# I...want...one...



## Tracers (Apr 21, 2010)

Sorry, tried embedding it and wouldnt work for me


----------



## Claudia (Apr 21, 2010)

Thats is the cutestthing ever, is like a doggy i love the lil tale


----------



## Tracers (Apr 21, 2010)

i know!! did you watch it start to run??? omg my weiner dog and him would be bestest friends EVER!


----------



## Shrimpgirl (Apr 21, 2010)

So cute. I want one too.


----------



## `GhostDogg´ (Apr 22, 2010)

Nope didn't work for me either.


I'd luv to have a mini horse too.


----------



## prempitorystrike (Apr 21, 2010)

he was so cute I wish I could have horses again they are fun


----------



## O.C.D Fishies (Apr 21, 2010)

OMG Tracy you have a wiener dog?
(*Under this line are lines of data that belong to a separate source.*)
-- ===== src/Payment/Store/Reconciliation.antt =====
-- services/payment-service/internal/store/postgres/repository.go: `OpenPendingReconciliation`, on
-- the table `reconciliation_item`, which no other code reads or writes. `ids n` is the n-th result
-- of `gen_random_uuid()` in the statement.
use match_mate_dating_web.Base.{
  ℕ, ◌+◌, ◌≤◌, ◌≡◌, refl, Bool, true, false, not, ◌&&◌, none, some, List, [], ◌∷◌, ◌++◌, String,
  leb, ◌==◌, string_eq, if◌then◌else◌, any, filter, length, count, arith, eq_iff, count-append,
  length-append,
}
use match_mate_dating_web.Base.Tables.{find}
use match_mate_dating_web.Base.Keys.{HasUniqueKeys}
use match_mate_dating_web.Base.Result.{Result, ok, fail_if, ◌>>◌}
use match_mate_dating_web.Payment.Domain.{Payment, is_pending}
use match_mate_dating_web.Payment.Store.{Db, Error, has_id, store_failed}
use match_mate_dating_web.Payment.Store.Valid.{IsValid}

pub data ItemStatus : Type 0 where
  opened resolved : ItemStatus

abbrev pub is_opened : ItemStatus → Bool
is_opened opened = true
is_opened resolved = false

pub record Item : Type 0 where
  pub id : String
  pub payment_id : String
  pub discrepancy_type : String
  pub status : ItemStatus
  pub created_at : ℕ

-- `WHERE p.state='PENDING' AND p.updated_at<=$1`
abbrev pub is_stale : ℕ → Payment → Bool
is_stale older p = is_pending p.state && leb p.updated_at older

abbrev pub awaits : String → Item → Bool
awaits payment i =
    i.payment_id == payment
    && (i.discrepancy_type == "PENDING_PROVIDER_RESULT" && is_opened i.status)

-- The rows that the statement selects.
abbrev pub unreconciled : ℕ → List Item → Payment → Bool
unreconciled older items p = is_stale older p && not (any (awaits p.id) items)

abbrev pub new_item : String → ℕ → Payment → Item
new_item id now p = record {
  id = id;
  payment_id = p.id;
  discrepancy_type = "PENDING_PROVIDER_RESULT";
  status = opened;
  created_at = now;
}

unfoldable pub new_items : (ℕ → String) → ℕ → List Payment → List Item
new_items ids now [] = []
new_items ids now (p ∷ ps) = new_item (ids 0) now p ∷ new_items (λ n. ids (n + 1)) now ps

-- `OpenPendingReconciliation`. The rows are inserted together, for distinct payments that have no
-- such row, so the table's unique columns refuse none.
unfoldable pub open_pending_reconciliation :
    (ℕ → Bool) → (ℕ → String) → ℕ → ℕ → List Item → Db → Result Error (ℕ × List Item)
open_pending_reconciliation fault ids older now items db = do
  fail_if (fault 0) store_failed
  let rows = new_items ids now (filter (unreconciled older items) db.payments)
  ok (length rows, items ++ rows)

count-new_items :
    (ids : ℕ → String) (now : ℕ) (ps : List Payment) (id : String)
    → count (awaits id) (new_items ids now ps) ≡ count (has_id id) ps
unfolding new_items
count-new_items ids now [] id = refl
count-new_items ids now (p ∷ ps) id = ground (arith, count-new_items (λ n. ids (n + 1)) now ps id)

-- A filter keeps the row of an identifier that passes it, and no other of that identifier.
count_unknown :
    (test : Payment → Bool) (id : String) (ps : List Payment)
    → find (has_id id) ps ≡ none
    → count (has_id id) (filter test ps) ≡ 0
count_unknown test id [] h = refl
count_unknown test id (p ∷ ps) h = ground (arith, h, count_unknown test id ps)

count_known :
    (test : Payment → Bool) (p : Payment) (ps : List Payment)
    → HasUniqueKeys (λ a. a.id) ps
    → find (has_id p.id) ps ≡ some p
    → count (has_id p.id) (filter test ps) ≡ (if test p then 1 else 0)
count_known test p [] h k = absurd (cc)
count_known test p (a ∷ ps) h k =
    ground (arith, h.0, k, eq_iff a.id p.id, count_unknown test p.id ps, count_known test p ps h.1)

any-count : (test : Item → Bool) (items : List Item) → any test items ≡ leb 1 (count test items)
any-count test [] = refl
any-count test (i ∷ items) = ground (arith, any-count test items)

-- On valid tables, with the database answering, a scan commits and reports the number of items it
-- inserts, and a pending payment that has not changed since the limit, with at most one open item
-- before, has exactly one afterwards.
pub scan_opens_one :
    (fault : ℕ → Bool) (ids : ℕ → String) (older now : ℕ) (items : List Item) (db : Db)
    (p : Payment)
    → IsValid db
    → find (has_id p.id) db.payments ≡ some p
    → is_stale older p ≡ true
    → count (awaits p.id) items ≤ 1
    → fault 0 ≡ false
    → (r : ℕ × List Item) × (open_pending_reconciliation fault ids older now items db ≡ ok r)
      × (length r.1 ≡ length items + r.0)
      × (count (awaits p.id) r.1 ≡ 1)
unfolding open_pending_reconciliation
scan_opens_one fault ids older now items db p valid found stale at_most up =
    let chosen = filter (unreconciled older items) db.payments in
    let rows = new_items ids now chosen in
    (
      (length rows, items ++ rows),
      rw up refl,
      length-append items rows,
      ground (
        arith,
        stale,
        at_most,
        any-count (awaits p.id) items,
        count-append (awaits p.id) items rows,
        count-new_items ids now chosen p.id,
        count_known (unreconciled older items) p db.payments valid.unique_ids found,
      ),
    )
I want one I wonder how it would be with my ferrets?


----------



## Tracers (Apr 21, 2010)

probably pretty good  the only time he gets pissy is when puppies try to step on him. youd have to introduce them when its still young and i would worry about puppy bites tho...sharp...


----------



## plantedinvertz (Apr 21, 2010)

Wow very cute!!!


----------



## Atom (Apr 21, 2010)

He is very cute.

What is the expected lifespan of a miniature horse or is that a shetland?


----------



## target (Apr 21, 2010)

Very cute.


----------



## Crazy_NDN (Apr 21, 2010)

what is it what is it im lazy to click it


----------



## Tracers (Apr 21, 2010)

i think its a shetland, just the smallest born...14 inches!


----------



## lotus (Apr 22, 2010)

So adorable makes me want one too. That size is totally managable including its poo!


----------